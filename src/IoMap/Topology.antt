-- ===== src/IoMap/Topology.antt =====
-- The well-formedness of the I/O spaces, on lists of regions: none is empty or wraps, no two have
-- an address in common, and no two are the same structure.
pub mod Update
pub mod Preserve
use modvm.Prelude.{
  ℕ, ◌+◌, ◌-◌, ◌^◌, ◌≤◌, ◌<◌, ◌≡◌, ◌≢◌, refl, ◌⊎◌, inl, inr, Bool, true, false, List, [], ◌∷◌, ◌++◌,
  some, arith, All, All-IsIn, All-append, IsIn, Bool-cases,
}
use modvm.Memory.{MemRegion}
use modvm.Memory.Regions.{Apart}
use modvm.Memory.Regions
use modvm.IoMap.{
  IoRegion, IoMap, IoSpace, pio, mmio, regions, io_conflict, ram_conflict, relocate_conflict,
}

abbrev pub IsFit : IoRegion → Type 0
IsFit r = (0 < r.size) × (r.base + r.size < 2 ^ 64)

-- Another region of the same space, as seen from `r`.
abbrev pub Beside : IoRegion → IoRegion → Type 0
Beside r q = Apart r.base r.size q.base q.size × (r.self ≢ q.self)

abbrev pub Pairs : List IoRegion → Type 0
Pairs [] = Unit
Pairs (r ∷ rs) = All (Beside r) rs × Pairs rs

abbrev pub Clear : List MemRegion → IoRegion → Type 0
Clear ram r = All (λ g. Apart r.base r.size g.gpa g.size) ram

pub record Laid (rs : List IoRegion) : Type 0 where
  pub fit : All IsFit rs
  pub pairs : Pairs rs

pub record IsTopology (m : IoMap) (ram : List MemRegion) : Type 0 where
  pub ports : Laid m.pio_regions
  pub memory : Laid m.mmio_regions
  pub ram_fit : All Regions.IsFit ram
  pub ram_pairs : Regions.Disjoint ram
  pub clear : All (Clear ram) m.mmio_regions

pub io_conflict-Apart :
    (base size : ℕ) (rs : List IoRegion)
    → 0 < size
    → base + size < 2 ^ 64
    → All IsFit rs
    → io_conflict base size rs ≡ false
    → All (λ r. Apart r.base r.size base size) rs
unfolding io_conflict
io_conflict-Apart base size [] pos small fit e = tt
io_conflict-Apart base size (r ∷ rs) pos small fit e =
    (ground arith, io_conflict-Apart base size rs pos small fit.1 (ground arith))

pub ram_conflict-Apart :
    (base size : ℕ) (ram : List MemRegion)
    → 0 < size
    → base + size < 2 ^ 64
    → All Regions.IsFit ram
    → ram_conflict base size ram ≡ false
    → All (λ g. Apart base size g.gpa g.size) ram
unfolding ram_conflict
ram_conflict-Apart base size [] pos small fit e = tt
ram_conflict-Apart base size (g ∷ gs) pos small fit e =
    let f = fit.0 in (ground arith, ram_conflict-Apart base size gs pos small fit.1 (ground arith))

pub relocate_conflict-Apart :
    (self base size : ℕ) (rs : List IoRegion)
    → 0 < size
    → base + size < 2 ^ 64
    → All IsFit rs
    → relocate_conflict self base size rs ≡ false
    → All (λ r. (r.self ≡ self) ⊎ Apart r.base r.size base size) rs
unfolding relocate_conflict
relocate_conflict-Apart self base size [] pos small fit e = tt
relocate_conflict-Apart self base size (r ∷ rs) pos small fit e =
    (ground arith, relocate_conflict-Apart self base size rs pos small fit.1 (ground arith))

pub Pairs-append :
    (rs : List IoRegion) (n : IoRegion) → Pairs rs → All (λ r. Beside r n) rs → Pairs (rs ++ n ∷ [])
Pairs-append [] n p h = (tt, tt)
Pairs-append (r ∷ rs) n p h =
    (All-append (Beside r) rs (n ∷ []) p.0 (h.0, tt), Pairs-append rs n p.1 h.1)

* [Instructions to follow] Would you retype exactly the lines above, from the line with "pub mod Update" to the line with "pub fit : All IsFit rs", with both end lines kept and nothing more?

* [Answer to this task]
pub mod Update
pub mod Preserve
use modvm.Prelude.{
  ℕ, ◌+◌, ◌-◌, ◌^◌, ◌≤◌, ◌<◌, ◌≡◌, ◌≢◌, refl, ◌⊎◌, inl, inr, Bool, true, false, List, [], ◌∷◌, ◌++◌,
  some, arith, All, All-IsIn, All-append, IsIn, Bool-cases,
}
use modvm.Memory.{MemRegion}
use modvm.Memory.Regions.{Apart}
use modvm.Memory.Regions
use modvm.IoMap.{
  IoRegion, IoMap, IoSpace, pio, mmio, regions, io_conflict, ram_conflict, relocate_conflict,
}

abbrev pub IsFit : IoRegion → Type 0
IsFit r = (0 < r.size) × (r.base + r.size < 2 ^ 64)

-- Another region of the same space, as seen from `r`.
abbrev pub Beside : IoRegion → IoRegion → Type 0
Beside r q = Apart r.base r.size q.base q.size × (r.self ≢ q.self)

abbrev pub Pairs : List IoRegion → Type 0
Pairs [] = Unit
Pairs (r ∷ rs) = All (Beside r) rs × Pairs rs

abbrev pub Clear : List MemRegion → IoRegion → Type 0
Clear ram r = All (λ g. Apart r.base r.size g.gpa g.size) ram

pub record Laid (rs : List IoRegion) : Type 0 where
  pub fit : All IsFit rs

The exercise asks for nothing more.